Jusqu’à présent, les banques canadiennes ont fait face à une forte demande et émis 11,2 milliards de dollars en billets ARL, qui sont déductibles d’impôt pour les émetteurs. Quant à l’instrument lui-même, il s’agit d’un titre de créance à 60 ans (remboursable par anticipation tous les 5 ans), qui a recours à une fiducie détenant des actions privilégiées. Ces actions, qui agissent comme garantie, ne sont livrées qu’en cas de non-paiement ou de défaillance.

Il y a toutefois un plafond, comme l’a souligné le BSIF dans sa décision de juillet 2020 : les billets ARL émis par une banque sous réglementation fédérale ne peuvent constituer que 50 % de ses fonds propres AT1. En émettant des actions privilégiées de gré à gré, les banques gagnent la possibilité d’émettre davantage de billets ARL. À notre compréhension, le marché présume qu’une fois que le BSIF sera convaincu qu’il existe un marché d’actions privilégiées de gré à gré établi, il augmentera les limites autour des billets ARL.

En gros, les banques transfèrent des fonds propres réglementaires des investisseurs de détail (c’est-à-dire des actions privilégiées négociées en Bourse) aux investisseurs institutionnels. À notre avis, le BSIF souhaite voir un marché d’actions privilégiées de gré à gré établi au cas où ces billets ARL seraient convertis en actions privilégiées.

 

Les détails

Le prospectus publié par RBC porte sur des actions privilégiées à dividende non cumulatif et à taux fixe rajusté tous les 5 ans (fonds propres d’urgence en cas de non-viabilité, ou FPUNV).

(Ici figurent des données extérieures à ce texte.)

-- ===== src/Platform/Billing/Usage.antt =====
-- The usage of periods in a row, and an invoice's total, which is that of its lines.
use eminidatabase.Base.{
  ℕ, ◌+◌, ◌≤◌, ◌≡◌, refl, List, [], ◌∷◌, ◌++◌, arith, Option, none, some, Bool-cases, inl, inr, ltb,
  ◌==◌,
}
use eminidatabase.Platform.Billing.{
  UsageMetric, UsageRecord, Pricing, Subscription, InvoiceLineItem, Draft, usage_between, charged,
  metrics, charge_metric, charge_metrics, base_draft, drafted,
}

pub usage_between-join :
    (ids : List ℕ) (m : UsageMetric) (a b c : ℕ) (rs : List UsageRecord)
    → a ≤ b
    → b ≤ c
    → usage_between ids m a b rs + usage_between ids m b c rs ≡ usage_between ids m a c rs
usage_between-join ids m a b c [] h k = refl
usage_between-join ids m a b c (r ∷ rs) h k = ground (arith, usage_between-join ids m a b c rs h k)

pub usage_between_empty :
    (ids : List ℕ) (m : UsageMetric) (a : ℕ) (rs : List UsageRecord)
    → usage_between ids m a a rs ≡ 0
usage_between_empty ids m a [] = refl
usage_between_empty ids m a (r ∷ rs) = ground (arith, usage_between_empty ids m a rs)

abbrev pub amounts : List InvoiceLineItem → ℕ
amounts [] = 0
amounts (item ∷ items) = item.amount + amounts items

amounts-append : (xs ys : List InvoiceLineItem) → amounts (xs ++ ys) ≡ amounts xs + amounts ys
amounts-append [] ys = omega arith
amounts-append (x ∷ xs) ys = omega (arith, amounts-append xs ys)

record IsTotalled (d : Draft) : Type 0 where
  total_amount : d.total ≡ amounts d.line_items

charged-IsTotalled :
    (item : InvoiceLineItem) (d : Draft) → IsTotalled d → IsTotalled (charged item d)
charged-IsTotalled item d h = record {
  total_amount = omega (arith, h.total_amount, amounts-append d.line_items (item ∷ []));
}

charge_metric-IsTotalled :
    (pricing : Pricing) (ids : List ℕ) (x : Subscription) (rs : List UsageRecord) (m : UsageMetric)
    (d : Draft)
    → IsTotalled d
    → IsTotalled (charge_metric pricing ids x rs m d)
charge_metric-IsTotalled pricing ids x rs m d h = by_rate (pricing.rates m) refl
  where
    by_rate : (o : Option ℕ) → pricing.rates m ≡ o → IsTotalled (charge_metric pricing ids x rs m d)
    by_rate none e = rw (charge_metric, e) h
    by_rate (some rate) e =
        elim (Bool-cases
          (usage_between ids m x.current_period_start x.current_period_end rs == 0)) [
            | inl unused ↦ rw (charge_metric, e, unused) h
            | inr used ↦ rw (charge_metric, e, used) (charged-IsTotalled _ d h)
          ]

charge_metrics-IsTotalled :
    (pricing : Pricing) (ids : List ℕ) (x : Subscription) (rs : List UsageRecord)
    (ms : List UsageMetric) (d : Draft)
    → IsTotalled d
    → IsTotalled (charge_metrics pricing ids x rs ms d)
charge_metrics-IsTotalled pricing ids x rs [] d h = h
charge_metrics-IsTotalled pricing ids x rs (m ∷ ms) d h =
    charge_metrics-IsTotalled pricing ids x rs ms _
      (charge_metric-IsTotalled pricing ids x rs m d h)

base_draft-IsTotalled : (pricing : Pricing) → IsTotalled (base_draft pricing)
base_draft-IsTotalled pricing = elim (Bool-cases (ltb 0 pricing.base_fee)) [
  | inl fee ↦ rw (base_draft, fee) (record { total_amount = omega arith })
  | inr free ↦ rw (base_draft, free) (record { total_amount = refl })
]

-- The total of an invoice is exactly the sum of its line items' rounded amounts, whatever the
-- pricing, the databases and the usage.
pub drafted-total :
    (pricing : Pricing) (ids : List ℕ) (x : Subscription) (rs : List UsageRecord)
    → let d = drafted pricing ids x rs in d.total ≡ amounts d.line_items
drafted-total pricing [] x rs = (base_draft-IsTotalled pricing).total_amount
drafted-total pricing (i ∷ ids) x rs =
    (charge_metrics-IsTotalled pricing (i ∷ ids) x rs metrics _
      (base_draft-IsTotalled pricing)).total_amount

Le taux de dividende initial a été fixé à 4,20 %. Voici quelques caractéristiques qui distinguent les actions de gré à gré des actions négociées en Bourse :

  • La valeur nominale est de 1000 $ par action, ce qui signifie que l’action s’adresse aux investisseurs institutionnels, comparativement aux actions cotées en Bourse dont la valeur nominale est de 25 $ ;
  • Le dividende est non cumulatif et versé semestriellement, alors que pour une action cotée en bourse, il est versé trimestriellement ;
  • Le dividende est déductible d’impôt pour les détenteurs ;
  • Les actions sont pari passu avec des billets ARL ;
  • Les rajustements actuels des actions cotées en Bourse donnent au détenteur la possibilité de convertir en une action privilégiée à taux variable, contrairement à ce nouveau titre ;
  • Les nouvelles actions privilégiées de gré à gré seront rajustées tous les 5 ans (le taux sera le taux des obligations du gouvernement du Canada à 5 ans plus l’écart) ou peuvent être rappelées par l’émetteur.

 

Qu’est-ce que cela signifie pour le marché actuel des actions privilégiées négociées en bourse?

Les investisseurs institutionnels établiront-ils un marché d’actions privilégiées de gré à gré? C’est notre avis. Mais un certain nombre de questions demeurent. Quelle est la profondeur du marché des billets ARL? À l’heure actuelle, les actions privilégiées en Bourse qui sont en circulation atteignent 16 milliards de dollars. Les acheteurs de billets ARL sont-ils prêts à en digérer une plus grande partie aux niveaux d’écart actuels?

Le marché évalue-t-il correctement la caractéristique de rajustement des billets ARL? Chaque banque gère ses fonds propres réglementaires différemment et nous ne nous attendons pas à une vague immédiate de nouvelles actions privilégiées de gré à gré. Nous prévoyons toutefois qu’il pourrait y en avoir davantage au cours des prochains trimestres et années à venir.